Discutere preliminarmente con i pazienti terminali portatori di ICD se e quando disattivare il dispositivo potrebbe servire a ridurre il rischio di scariche negli ultimi giorni di vita che possono provocare sensazioni dolorose e stress psicologico. Le riflessioni alla luce del sottostudio MADIT-II pubblicato su PACE.

La scelta di disattivare le terapie antitachicardiche dell’ICD nel paziente terminale è un problema etico emergente che coinvolge tanto pazienti e familiari quanto clinici e ricercatori. Le ragioni che portano a valutare la disattivazione o meno del defibrillatore nella fase terminale della vita possono essere di natura diversa ma principalmente riguardano l’alto livello di sofferenza fisica ed emotiva che alcuni pazienti possono presentare per l’occorrenza di scariche dell’ICD (qualità della vita) e i nuovi scenari di fine vita che la sospensione del dispositivo prospetta (qualità della morte).

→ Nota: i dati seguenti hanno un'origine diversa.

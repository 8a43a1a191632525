-- ===== src/Log/Space.antt =====
-- The reservation of log space, and `begin_op`.
use cpp.Prelude.{
  ℕ, suc, ◌+◌, ◌*◌, ◌≤◌, ◌≡◌, ◌⊎◌, refl, sym, ap, ◌∙◌, subst, inl, inr, Bool, true, false, leb,
  ◌&&◌, List, [], ◌∷◌, ◌++◌, length, none, some, get_elem?, arith, Bool-cases, Option-cases,
}
use cpp.Prelude.Int.{pos}
use cpp.Proc.Kernel.{Kernel}
use cpp.Proc.Table.{update, sleeping, is_running}
use cpp.Proc.Exit.{sleep, sched}
use cpp.Log.{World, logsize, maxopblocks, increment, begin_op, must_wait}

abbrev pub sum : List ℕ → ℕ
sum [] = 0
sum (n ∷ ns) = n + sum ns

sum-append : (ns ms : List ℕ) → sum (ns ++ ms) ≡ sum ns + sum ms
sum-append [] ms = omega arith
sum-append (n ∷ ns) ms = omega (arith, sum-append ns ms)

-- No share is larger than what `begin_op` reserves.
abbrev pub within : List ℕ → Bool
within [] = true
within (n ∷ ns) = leb n maxopblocks && within ns

pub sum-within : (ns : List ℕ) → within ns ≡ true → sum ns ≤ length ns * maxopblocks
sum-within [] w = omega arith
sum-within (n ∷ ns) w = ground (arith, sum-within ns)

-- `shares` has, for each operation under way, the number of blocks that it may still write. The log
-- has room for all of them.
pub record Reserved (shares : List ℕ) (w : World) : Type 0 where
  pub idle : w.log.committing ≡ false
  pub counted : w.log.outstanding ≡ pos (length shares)
  pub each : within shares ≡ true
  pub fits : length w.log.blocks + sum shares ≤ logsize

-- Some operations are under way, within their reservations.
abbrev pub InOrder : Kernel World → Type 0
InOrder k = (shares : List ℕ) × Reserved shares k.world

-- The log is being written to the disk, or the operations are in order.
abbrev pub Orderly : Kernel World → Type 0
Orderly k = (k.world.log.committing ≡ true) ⊎ InOrder k

must_wait-Orderly : (k : Kernel World) → Orderly k → must_wait k.world.log ≡ false → InOrder k
unfolding must_wait
must_wait-Orderly k (inl busy) e = absurd (ground arith)
must_wait-Orderly k (inr r) e = r

Orderly-world : (k k' : Kernel World) → k.world ≡ k'.world → Orderly k → Orderly k'
Orderly-world k k' e (inl busy) = inl (subst (λ w. w.log.committing ≡ true) e busy)
Orderly-world k k' e (inr (shares, r)) = inr (shares, subst (Reserved shares) e r)

enough_room :
    (shares : List ℕ) (w : World)
    → Reserved shares w
    → must_wait w.log ≡ false
    → length w.log.blocks + (length shares + 1) * maxopblocks ≤ logsize
unfolding must_wait
enough_room shares w r e = ground (arith, r.counted, r.idle)

begun :
    (shares : List ℕ) (w : World)
    → Reserved shares w
    → must_wait w.log ≡ false
    → Reserved
        (maxopblocks ∷ shares)
        (record w { log = record w.log { outstanding = increment w.log.outstanding } })
begun shares w r e = record {
  idle = r.idle;
  counted = ap increment r.counted ∙ ap pos (omega arith);
  each = ground (arith, r.each);
  fits = omega (arith, enough_room shares w r e, sum-within shares r.each);
}

begin : Kernel World → Kernel World
begin k = record k {
  world = record k.world {
    log = record k.world.log { outstanding = increment k.world.log.outstanding };
  };
}

asleep : ℕ → ℕ → Kernel World → Kernel World
asleep cur chan k = record k {
  table = update k.table cur (λ p. record p { chan = chan; state = sleeping });
}

begin_op-goes :
    (cur : ℕ) (others : List (Kernel World → Kernel World)) (k : Kernel World)
    → must_wait k.world.log ≡ false
    → begin_op cur others k ≡ some (true, begin k)
unfolding begin_op begin
begin_op-goes cur [] k e = ground arith
begin_op-goes cur (o ∷ others) k e = rw (e, begin_op) refl

begin_op-waits :
    (cur : ℕ) (k : Kernel World)
    → must_wait k.world.log ≡ true
    → begin_op cur [] k ≡ some (false, asleep cur k.world.log.base k)
unfolding begin_op asleep
begin_op-waits cur k e = ground arith

-- A round of `begin_op` that sleeps panics, or goes on in the state that the others left.
begin_op-again :
    (cur : ℕ) (o : Kernel World → Kernel World) (others : List (Kernel World → Kernel World))
    (k : Kernel World)
    → must_wait k.world.log ≡ true
    → (begin_op cur (o ∷ others) k ≡ none)
      ⊎ ((k₁ : Kernel World) × (k₁.world ≡ (o (asleep cur k.world.log.base k)).world)
          × (begin_op cur (o ∷ others) k ≡ begin_op cur others k₁))
unfolding begin_op asleep sleep sched
begin_op-again cur o others k e =
    let k₁ : Kernel World = asleep cur k.world.log.base k in
    elim (Option-cases (get_elem? k₁.table.procs cur)) [
      | inl out ↦ inl (ground arith)
      | inr (p, at) ↦ elim (Bool-cases (is_running p.state)) [
        | inl runs ↦ inl (ground arith)
        | inr stops ↦ inr (
          record (o k₁) { table = update (o k₁).table cur (λ p. record p { chan = 0 }) },
          refl,
          ground arith,
        )
      ]
    ]

started :
    (cur : ℕ) (others : List (Kernel World → Kernel World)) (k k' : Kernel World) (b : Bool)
    (shares : List ℕ)
    → Reserved shares k.world
    → must_wait k.world.log ≡ false
    → begin_op cur others k ≡ some (b, k')
    → (b ≡ false → Orderly k')
      × (b ≡ true → (shares : List ℕ) × Reserved (maxopblocks ∷ shares) k'.world)
unfolding begin
started cur others k k' b shares r go e =
    let e' = sym (begin_op-goes cur others k go) ∙ e in
    let same : begin k ≡ k' = ground arith in
    (
      λ f. absurd (ground arith),
      λ t. (
        shares,
        subst (λ x. Reserved (maxopblocks ∷ shares) x.world) same (begun shares k.world r go),
      ),
    )

-- Let the operations under way be within their reservations whenever the log is not being committed:
-- now, and each time that what runs while `begin_op` sleeps gives way to it. Then they still are when
-- `begin_op` sleeps; and when it has begun an operation, the log is not being committed, and has room
-- for `MAXOPBLOCKS` blocks more.
pub begin_op-Reserved :
    (cur : ℕ) (others : List (Kernel World → Kernel World)) (k k' : Kernel World) (b : Bool)
    → ((i : ℕ) (o : Kernel World → Kernel World)
        → get_elem? others i ≡ some o
        → (k : Kernel World) → Orderly k
        → Orderly (o k))
    → Orderly k
    → begin_op cur others k ≡ some (b, k')
    → (b ≡ false → Orderly k')
      × (b ≡ true → (shares : List ℕ) × Reserved (maxopblocks ∷ shares) k'.world)
unfolding asleep
begin_op-Reserved cur [] k k' b keeps r e = elim (Bool-cases (must_wait k.world.log)) [
  | inl wait ↦
      let e' = sym (begin_op-waits cur k wait) ∙ e in
      let same : asleep cur k.world.log.base k ≡ k' = ground arith in
      (
        λ f. subst Orderly same (Orderly-world k (asleep cur k.world.log.base k) refl r),
        λ t. absurd (ground arith),
      )
  | inr go ↦ let (shares, r') = must_wait-Orderly k r go in started cur [] k k' b shares r' go e
]
begin_op-Reserved cur (o ∷ others) k k' b keeps r e = elim (Bool-cases (must_wait k.world.log)) [
  | inl wait ↦ elim (begin_op-again cur o others k wait) [
    | inl fails ↦ absurd (ground arith)
    | inr (k₁, same, eq) ↦
        let k₀ : Kernel World = asleep cur k.world.log.base k in
        let r' = keeps 0 o refl k₀ (Orderly-world k k₀ refl r) in
        begin_op-Reserved cur others k₁ k' b (λ i f at. keeps (suc i) f at)
          (Orderly-world (o k₀) k₁ (sym same) r') (sym eq ∙ e)
  ]
  | inr go ↦
      let (shares, r') = must_wait-Orderly k r go in started cur (o ∷ others) k k' b shares r' go e
]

Tuttavia, nonostante diverse survey abbiamo evidenziato che per la maggior parte sia gli operatori sanitari e i legali sia i pazienti concordino sul fatto che la disattivazione debba essere contemplata nella fase terminale della vita, le resistenze e le incertezze sono ancora molte e i medici curanti spesso non discutono tempestivamente con i loro pazienti della possibilità di sospendere il dispositivo.

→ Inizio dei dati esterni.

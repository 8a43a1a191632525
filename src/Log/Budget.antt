-- ===== src/Log/Budget.antt =====
-- `log_write` and `end_op` of operations that stay within what they have reserved.
use cpp.Prelude.{
  ℕ, suc, ◌+◌, ◌≤◌, ◌<◌, ◌≡◌, refl, ap, ◌∙◌, inl, inr, Bool, true, false, ltb, ◌==◌, if◌then◌else◌,
  List, [], ◌∷◌, ◌++◌, length, length-append, some, arith, Bool-cases,
}
use cpp.Prelude.Int.{ℤ, pos}
use cpp.Proc.Table.{wakeup}
use cpp.Proc.Kernel.{Kernel}
use cpp.Log.{
  Log, World, logsize, has, decrement, write_log, write_head, install_trans, commit, end_op,
  log_write,
}
use cpp.Log.Space.{sum, within, sum-within, Reserved}

within-spend :
    (cs : List ℕ) (n : ℕ) (bs : List ℕ)
    → within (cs ++ suc n ∷ bs) ≡ true
    → within (cs ++ n ∷ bs) ≡ true
within-spend [] n bs w = ground arith
within-spend (a ∷ cs) n bs w = ground (arith, within-spend cs n bs)

within-drop :
    (cs : List ℕ) (n : ℕ) (bs : List ℕ) → within (cs ++ n ∷ bs) ≡ true → within (cs ++ bs) ≡ true
within-drop [] n bs w = ground arith
within-drop (a ∷ cs) n bs w = ground (arith, within-drop cs n bs)

length-middle :
    (cs : List ℕ) (n : ℕ) (bs : List ℕ) → length (cs ++ n ∷ bs) ≡ suc (length (cs ++ bs))
length-middle [] n bs = refl
length-middle (c ∷ cs) n bs = ap suc (length-middle cs n bs)

sum-middle : (cs : List ℕ) (n : ℕ) (bs : List ℕ) → sum (cs ++ n ∷ bs) ≡ n + sum (cs ++ bs)
sum-middle [] n bs = refl
sum-middle (c ∷ cs) n bs = omega (arith, sum-middle cs n bs)

absorb : ℕ → List ℕ → List ℕ
absorb b ns = if has b ns then ns else ns ++ (b ∷ [])

length-absorb : (b : ℕ) (ns : List ℕ) → length (absorb b ns) ≤ length ns + 1
unfolding absorb
length-absorb b ns = ground (arith, length-append ns (b ∷ []))

-- Let the operations under way be within their reservations, one with part of its share left, and
-- let the log on the disk have room for all that is reserved, beside its header. Then `log_write` does
-- not panic, the block is in the log, the operations are within their reservations with one block less
-- for that one, and the log still has room for them.
pub log_write-Reserved :
    (b n : ℕ) (cs bs : List ℕ) (k : Kernel World)
    → length k.world.log.blocks + sum (cs ++ suc n ∷ bs) < k.world.log.size
    → Reserved (cs ++ suc n ∷ bs) k.world
    → (k' : Kernel World) × (log_write b k ≡ some (tt, k'))
      × Reserved (cs ++ n ∷ bs) k'.world
      × (has b k'.world.log.blocks ≡ true)
      × (length k'.world.log.blocks + sum (cs ++ n ∷ bs) < k'.world.log.size)
unfolding log_write absorb
log_write-Reserved b n cs bs k size r =
    let w : World = k.world in
    let l : Log = record w.log { blocks = absorb b w.log.blocks } in
    let room : length w.log.blocks < logsize = omega (arith, r.fits, sum-middle cs (suc n) bs) in
    (
      record k { world = record w { log = l } },
      ground (arith, r.counted, length-middle cs (suc n) bs, sum-middle cs (suc n) bs),
      record {
        idle = r.idle;
        counted =
            r.counted ∙ ap pos (omega (arith, length-middle cs (suc n) bs, length-middle cs n bs));
        each = within-spend cs n bs r.each;
        fits = omega (
          arith,
          length-absorb b w.log.blocks,
          r.fits,
          sum-middle cs (suc n) bs,
          sum-middle cs n bs,
        );
      },
      ground (arith, has-append b w.log.blocks),
      omega
          (arith, length-absorb b w.log.blocks, size, sum-middle cs (suc n) bs, sum-middle cs n bs),
    )
  where
    has-append : (b : ℕ) (ns : List ℕ) → has b (ns ++ (b ∷ [])) ≡ true
    has-append b [] = ground arith
    has-append b (n ∷ ns) = ground (arith, has-append b ns)

counting : ℤ → Bool → World → World
counting o c w = record w { log = record w.log { outstanding = o; committing = c } }

-- `commit` does not read the counters, keeps them, and leaves an empty log.
commit-counting :
    (o : ℤ) (c : Bool) (w : World)
    → let w' : World = commit (counting o c w) in
      (w'.store ≡ (commit w).store) × (w'.log.blocks ≡ []) × (w'.log.outstanding ≡ o)
unfolding commit counting write_log write_head install_trans
commit-counting o c w = elim (Bool-cases (ltb 0 (length w.log.blocks))) [
  | inl there ↦ ground arith
  | inr nothing ↦ let e = empty w.log.blocks (ground arith) in ground arith
]
  where
    empty : (ns : List ℕ) → length ns ≡ 0 → ns ≡ []
    empty [] e = refl
    empty (n ∷ ns) e = absurd (omega arith)

-- Let the operations under way be within their reservations. Then `end_op` of one of them does not
-- panic, and the others are still within theirs. The last operation's commits, and leaves an empty
-- log; another's leaves the log and the blocks alone.
pub end_op-Reserved :
    (n : ℕ) (cs bs : List ℕ) (k : Kernel World)
    → Reserved (cs ++ n ∷ bs) k.world
    → (k' : Kernel World) × (end_op k ≡ some (tt, k'))
      × Reserved (cs ++ bs) k'.world
      × (length (cs ++ bs) ≡ 0
          → (k'.world.log.blocks ≡ []) × (k'.world.store ≡ (commit k.world).store))
      × (0 < length (cs ++ bs)
          → (k'.world.log.blocks ≡ k.world.log.blocks) × (k'.world.store ≡ k.world.store))
unfolding end_op counting
end_op-Reserved n cs bs k r =
    let w : World = k.world in
    let o : ℤ = decrement w.log.outstanding in
    let left : o ≡ pos (length (cs ++ bs)) =
      ap decrement (r.counted ∙ ap pos (length-middle cs n bs)) in
    let each = within-drop cs n bs r.each in
    elim (Bool-cases (length (cs ++ bs) == 0)) [
      | inl last ↦
          let w' : World = commit (counting o true w) in
          let (store, blocks, kept) = commit-counting o true w in
          (
            record {
              table = wakeup w'.log.base k.table;
              world = counting w'.log.outstanding false w';
            },
            ground (arith, r.idle, left),
            record {
              idle = refl;
              counted = kept ∙ left;
              each = each;
              fits = ground (arith, blocks, sum-within (cs ++ bs) each);
            },
            λ e. (blocks, store),
            λ e. absurd (ground arith),
          )
      | inr more ↦ (
        record k { table = wakeup w.log.base k.table; world = counting o w.log.committing w },
        ground (arith, r.idle, left),
        record {
          idle = r.idle;
          counted = left;
          each = each;
          fits = omega (arith, r.fits, sum-middle cs n bs);
        },
        λ e. absurd (ground arith),
        λ e. (refl, refl),
      )
    ]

Una sottoanalisi dello studio MADIT-II, pubblicata in anteprima online sulla rivista PACE, richiama l’attenzione su questo delicato e complesso aspetto della pratica clinica. Come spiegano gli autori, l’obiettivo principe dello studio è stato esaminare come è stato gestito l’ICD in pazienti in fase terminale in un sottogruppo di pazienti arruolati nello studio multicentrico MADIT-II e secondariamente esplorare quei parametri clinici che inducono a disattivare il dispositivo nei pazienti in condizioni ormai terminali.

Lo studio
Lo studio ha preso in esame retrospettivamente le cartelle cliniche di 98 pazienti portatori di ICD arruolati nello studio MADIT-II e poi deceduti nel corso del follow up. Per ciascun paziente sono stati raccolti i dati demografici e clinici, le registrazioni degli episodi trattati con shock dall’ICD prima del decesso, ed informazioni sulle eventuali discussioni e scelte perseguite dal paziente di disattivare il dispositivo in un’ottica di miglioramento della qualità della fase terminale della vita o di far ricorso alle cure palliative o all’ordine di non essere rianimato in caso di arresto cardiaco.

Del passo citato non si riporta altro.